Slip me some skin
Glass, Human tissue (Cells and tissue, cultured from tissue taken via biopsy) polyeurathane, acrylic, flock.
Fangs (left) is held in the Ken Fehily Collection
Created from Residency at SymbioticA, the Art and Science Collaborative Research Laboratory with support from The Australia Council for the Arts.
In obtaining parts of peoples’ bodies and culturing them, this work sought to question and challenge the boundaries of body ownership. Considering that we are not legally able to own our own bodies or the bodies of others, I was interested to see if it was possible to own the fragment of the body that I had scientifically manipulated; be it my own body or someone else’s. Do I have the right to manipulate it, kill it, or financially gain from it? (All of these things I am able to do). How much of a person’s body would I have to grow for it to be considered their body rather than a waste material?
The resulting work Slip me Some Skin, involved excess cosmetic surgical tissue taken from an anonymous donor. In doing so it involved a further exploration of the body, and it’s components as commodity. Because unlike working with my own body, the work engaged with tissue from a less personal perspective, it was an engagement with an unknown other, in a similar way that recipients of organ donation are faced with abject tissue from an anonymous body. It also draws from attitudes towards flesh in primitive history, and later Christianity, as well as attitudes towards tissue reliquaries.
The tissue specimen in this work was a piece of skin removed from the breast of a female donor. On August the 3rd at 6:00pm I collected the specimen from the hospital and took to the UWA SymbioticA Lab to harvest. Surprisingly, harvesting and culturing this tissue involved a much more heightened and subjective experience than working with my own body. The sheer quantity of tissue, its still warm temperature and its origins in another body contributed to an intense experience, which alienated me enough from it to firmly re-embody me within myself.
Throughout the process of harvesting the tissue, which took approximately five hours, the repetitious actions of mincing down the tissue (with scissors) and centrifuging began to make me question if I was a part of the conveyer belt of the tissue economy itself, mindlessly processing human tissue for absurd means. I felt the tissue should be with the anonymous donor, whose motives to be involved in the project I would never know. I began to obsess about her identity, and immediately felt I understood, on a basic level, a kind of psychological distress that organ recipients may feel. I imagined the incorporation of this tissue into my own body would have a strong impact on my sense of self.

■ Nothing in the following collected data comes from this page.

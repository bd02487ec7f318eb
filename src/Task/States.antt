-- ===== src/Task/States.antt =====
-- The states of a task and taskTransitions, the edges between them.
pub mod Runs
use velm.Base.{Bool, true, false, ◌||◌, if◌then◌else◌, Text, txt, ◌==◌}

-- taskTransitions and allowedTaskTransition
unfoldable pub allowed_task_transition : Text → Text → Bool
allowed_task_transition from to =
    if from == txt "ready"
    then to == txt "ready" || to == txt "in_progress" || to == txt "skipped"
    else if from == txt "in_progress"
    then to == txt "in_progress"
      || to == txt "ready_to_close"
      || to == txt "pending"
      || to == txt "skipped"
      || to == txt "closed"
    else if from == txt "pending"
    then to == txt "pending" || to == txt "ready" || to == txt "in_progress" || to == txt "skipped"
    else if from == txt "ready_to_close"
    then to == txt "ready_to_close"
      || to == txt "closed"
      || to == txt "in_progress"
      || to == txt "skipped"
    else false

I harvested enough tissue to grow an abundant amount of cells from. The remaining tissue I used as armatures for the harvested cells. Through coating the tissue in a layer of fibroblasts - sealing the outer tissue with inner scar tissue. In this way, sealing the skin tissue with fibroblast tissue, and the anointing of my body with my skin cells (in HE BEING DEAD YET SPEAKETH) are both acts of inscribing the scientific body onto the literal, physical (social) body, through their layering of the internal body onto the external one.
Two tissue forms were created from the donated tissue specimen – vampire fangs and a crucifix. In adopting popular iconography of vampire fangs I sought a playful form with which to engage ideas of the use and ‘consumption’ of human tissue through biotech and biomedical practices. Alternatively, the crucifix engages ideas of ritual and sacrifice, a reading reinforced by the presentation of the tissue in glass vessels, reminiscent of ritual sacrifice vases and amulets.
Tissue reliquaries appear of each side of the space, revered as relics within a church or sacred space. The reliquaries frame a video projection of animated footage taken throughout the laboratory process. In the footage, the tissue pieces are suspended in transparent agar, in a petri dish which is held upright, between my fingers. They forms appear to have a life of their own, as they rotate, flickering, between my fingers, morphosing between fangs and crucifix as if possessed.
The presentation of these once-living preserved forms also illustrates the actual limitations of our technological expertise over life. Though the work involves processes of growth, the cells inevitably end in death; a transition of the body from a living subjective entity to a thing for the taking/growing/breeding for biomedical capital, or in this case, artistic form.